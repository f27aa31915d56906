-- ===== src/Backend/Sma.antt =====
-- pkg/util/smainitiator.go: the backends over a storage management agent. The agent is a parameter,
-- and so is the UUID parser of github.com/google/uuid.
pub mod Ledger
pub mod Steps
pub mod Contract
pub mod VirtioBlk
pub mod Creation
use spdk_csi.Prelude.{ℕ, Option, none, some, List, [], ◌∷◌, ◌++◌, if◌then◌else◌}
use spdk_csi.Text.{Str, str, str_eq}
use spdk_csi.Effect.{
  Error, message, wrapped, Result, good, bad, Exec, pure, raise, zoom, attempt, ignore, on_error,
  ◌>>=◌, ◌>>◌,
}
use spdk_csi.Target.Nvmf.{Map}
use spdk_csi.Controller.Message.{get, put}
use spdk_csi.Node.Xpu.{PciEndpoint, ConnectParams, XpuInitiator}

-- The discovery endpoint and the host of a volume's connection.
pub record VolumeConnection : Type 0 where
  pub hostnqn : Str
  pub trtype : Str
  pub traddr : Str
  pub trsvcid : Str

-- The id is a slice of bytes that may be nil.
pub record VolumeParameters : Type 0 where
  pub volume_id : Option Str
  pub connection : VolumeConnection

-- The parameters of a device by its kind; every host may use one over TCP.
pub data DeviceParameters : Type 0 where
  nvmf_tcp : (subnqn adrfam traddr trsvcid : Str) → DeviceParameters
  nvme : (physical_id virtual_id : ℕ) → DeviceParameters
  virtio_blk : (physical_id virtual_id : ℕ) → DeviceParameters

pub record CreateDeviceRequest : Type 0 where
  pub volume : Option VolumeParameters
  pub params : DeviceParameters

pub record AttachVolumeRequest : Type 0 where
  pub volume : VolumeParameters
  pub device_handle : Str

pub record DetachVolumeRequest : Type 0 where
  pub volume_id : Option Str
  pub device_handle : Str

-- The client of the agent. A response may be nil; that of `CreateDevice` holds the handle.
pub record Agent (W : Type 0) : Type 0 where
  pub create : CreateDeviceRequest → Exec W (Option Str)
  pub attach : AttachVolumeRequest → Exec W (Option (Unit {0}))
  pub detach : DetachVolumeRequest → Exec W (Option (Unit {0}))
  pub delete : (handle : Str) → Exec W (Option (Unit {0}))

-- The fields of `smaCommon` that its methods set, and the world.
pub record SmaCommon (W : Type 0) : Type 0 where
  pub device_handle : Str
  pub volume_id : Option Str
  pub world : W

abbrev pub quoted : Str → Str
quoted s = str "'" ++ (s ++ str "'")

module _ {W A : Type 0} where
  abbrev pub on_agent : Exec W A → Exec (SmaCommon W) A
  on_agent = zoom (λ s. s.world) (λ w s. record s { world = w })

module _ {W : Type 0} where
  abbrev pub set_handle : Str → Exec (SmaCommon W) Unit
  set_handle h s = pure tt (record s { device_handle = h })

  abbrev pub set_volume : Option Str → Exec (SmaCommon W) Unit
  set_volume v s = pure tt (record s { volume_id = v })

  unfoldable pub sma_param : SmaCommon W → Map
  sma_param s = put [] "deviceHandle" s.device_handle

module _ {W : Type 0} (agent : Agent W) (volume_context : Map) where
  abbrev model : Str
  model = get volume_context "model"

  abbrev pub keep_handle : Option Str → Exec (SmaCommon W) Unit
  keep_handle none = raise (message (str "create device: nil response"))
  keep_handle (some h) =
      if str_eq h []
      then raise
          (message (str "create device " ++ (quoted model ++ str ": no device handle in response")))
      else set_handle h

  -- `CreateDevice`
  unfoldable pub create_device : CreateDeviceRequest → Exec (SmaCommon W) Unit
  create_device req = do
    r ←
        on_error (wrapped (str "failed to create device for id " ++ quoted model))
          (on_agent (agent.create req))
    keep_handle r

  abbrev pub answered : Str → Exec (SmaCommon W) Unit → Option (Unit {0}) → Exec (SmaCommon W) Unit
  answered what next none = raise (message (what ++ str ": nil response"))
  answered what next (some _) = next

  -- `AttachVolume`
  unfoldable pub attach_volume : AttachVolumeRequest → Exec (SmaCommon W) Unit
  attach_volume req = do
    r ←
        on_error
          (wrapped (
            str "failed to attach volume \""
            ++ (model ++ (str "\" to device " ++ quoted req.device_handle))))
          (on_agent (agent.attach req))
    answered
        (str "attach volume " ++ (quoted model ++ (str " for device " ++ quoted req.device_handle)))
        (set_volume req.volume.volume_id) r

  -- `DetachVolume`
  unfoldable pub detach_volume : DetachVolumeRequest → Exec (SmaCommon W) Unit
  detach_volume req = do
    r ←
        on_error
          (wrapped (
            str "failed to detach volume \""
            ++ (model ++ (str "\" from device " ++ quoted req.device_handle))))
          (on_agent (agent.detach req))
    answered
        (str "detach volume "
          ++ (quoted model ++ (str " from volume " ++ quoted req.device_handle)))
        (set_volume none) r

  -- `DeleteDevice`
  unfoldable pub delete_device : Str → Exec (SmaCommon W) Unit
  delete_device handle = do
    r ←
        on_error (wrapped (str "failed to delete device " ++ quoted handle))
          (on_agent (agent.delete handle))
    answered (str "delete device " ++ quoted handle) (set_handle []) r

  -- `nvmfVolumeParameters`
  abbrev pub connection : VolumeConnection
  connection = record {
    hostnqn = get volume_context "nqn";
    trtype = get volume_context "targetType";
    traddr = get volume_context "targetAddr";
    trsvcid = get volume_context "targetPort";
  }

  -- The volume of the object, to the device that it names.
  abbrev attach_request : SmaCommon W → AttachVolumeRequest
  attach_request s = record {
    volume = record { volume_id = s.volume_id; connection = connection };
    device_handle = s.device_handle;
  }

  -- The volume is attached to the new device, which is deleted if that fails.
  unfoldable pub attach_or_delete : Exec (SmaCommon W) Unit
  attach_or_delete = do
    r ← attempt (λ s. attach_volume (attach_request s) s)
    elim r [ good _ ↦ pure tt | bad e ↦ do ignore (λ s. delete_device s.device_handle s); raise e ]

  unfoldable pub connect_nvmf_tcp : ConnectParams → Exec (SmaCommon W) Unit
  connect_nvmf_tcp params = do
    create_device (record {
      volume = none;
      params =
          nvmf_tcp (str "nqn.2022-04.io.spdk.csi:cnode0:uuid:" ++ model) (str "ipv4")
            (str "127.0.0.1") params.tcp_target_port;
    })
    attach_or_delete

  unfoldable pub connect_nvme : ConnectParams → Exec (SmaCommon W) Unit
  connect_nvme params = do
    create_device (record {
      volume = none;
      params = nvme params.pci_endpoint.pf_id params.pci_endpoint.vf_id;
    })
    attach_or_delete

  unfoldable pub connect_virtio_blk : ConnectParams → Exec (SmaCommon W) Unit
  connect_virtio_blk params s =
      if str_eq s.device_handle []
      then create_device
          (record {
            volume = some (record { volume_id = s.volume_id; connection = connection });
            params = virtio_blk params.pci_endpoint.pf_id params.pci_endpoint.vf_id;
          })
          s
      else pure tt s

  -- The error of the detachment over TCP is wrapped once more.
  abbrev detach_failed : Str → Str → Error → Error
  detach_failed volume handle =
      wrapped (
        str "failed to detach volume " ++ (quoted volume ++ (str " from device " ++ quoted handle)))

  abbrev same_error : Str → Str → Error → Error
  same_error volume handle e = e

  -- The volume that the object names is detached.
  abbrev pub detach_named : (Str → Str → Error → Error) → Str → Option Str → Exec (SmaCommon W) Unit
  detach_named f handle none = pure tt
  detach_named f handle (some v) =
      on_error (f v handle) (detach_volume (record { volume_id = some v; device_handle = handle }))

  abbrev pub detach_and_delete : (Str → Str → Error → Error) → Exec (SmaCommon W) Unit
  detach_and_delete f s =
      if str_eq s.device_handle []
      then pure tt s
      else (detach_named f s.device_handle s.volume_id >> (λ s'. delete_device s'.device_handle s'))
          s

  unfoldable pub disconnect_nvmf_tcp : Exec (SmaCommon W) Unit
  disconnect_nvmf_tcp = detach_and_delete detach_failed

  unfoldable pub disconnect_nvme : Exec (SmaCommon W) Unit
  disconnect_nvme = detach_and_delete same_error

  unfoldable pub disconnect_virtio_blk : Exec (SmaCommon W) Unit
  disconnect_virtio_blk s =
      if str_eq s.device_handle [] then pure tt s else delete_device s.device_handle s

  abbrev pub sma_initiator_nvmf_tcp : XpuInitiator (SmaCommon W)
  sma_initiator_nvmf_tcp = record {
    connect = connect_nvmf_tcp;
    disconnect = disconnect_nvmf_tcp;
    get_param = λ s. pure (sma_param s) s;
  }

  abbrev pub sma_initiator_nvme : XpuInitiator (SmaCommon W)
  sma_initiator_nvme = record {
    connect = connect_nvme;
    disconnect = disconnect_nvme;
    get_param = λ s. pure (sma_param s) s;
  }

  abbrev pub sma_initiator_virtio_blk : XpuInitiator (SmaCommon W)
  sma_initiator_virtio_blk = record {
    connect = connect_virtio_blk;
    disconnect = disconnect_virtio_blk;
    get_param = λ s. pure (sma_param s) s;
  }

-- `volumeUUID`, over `uuid.Parse` and `MarshalBinary`.
unfoldable pub volume_uuid : (Str → Result Str) → Str → Result Str
volume_uuid parse [] = bad (message (str "no volume available"))
volume_uuid parse (c ∷ m) = elim (parse (c ∷ m)) [
  | good b ↦ good b
  | bad e ↦ bad (wrapped (str "uuid.Parse(" ++ ((c ∷ m) ++ str ") failed")) e)
]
^^^^^^^^^^^^^^^^
*What to produce*: Looking at the records above, tally the lines holding "some" and reply with that number only.

*Your response*: 6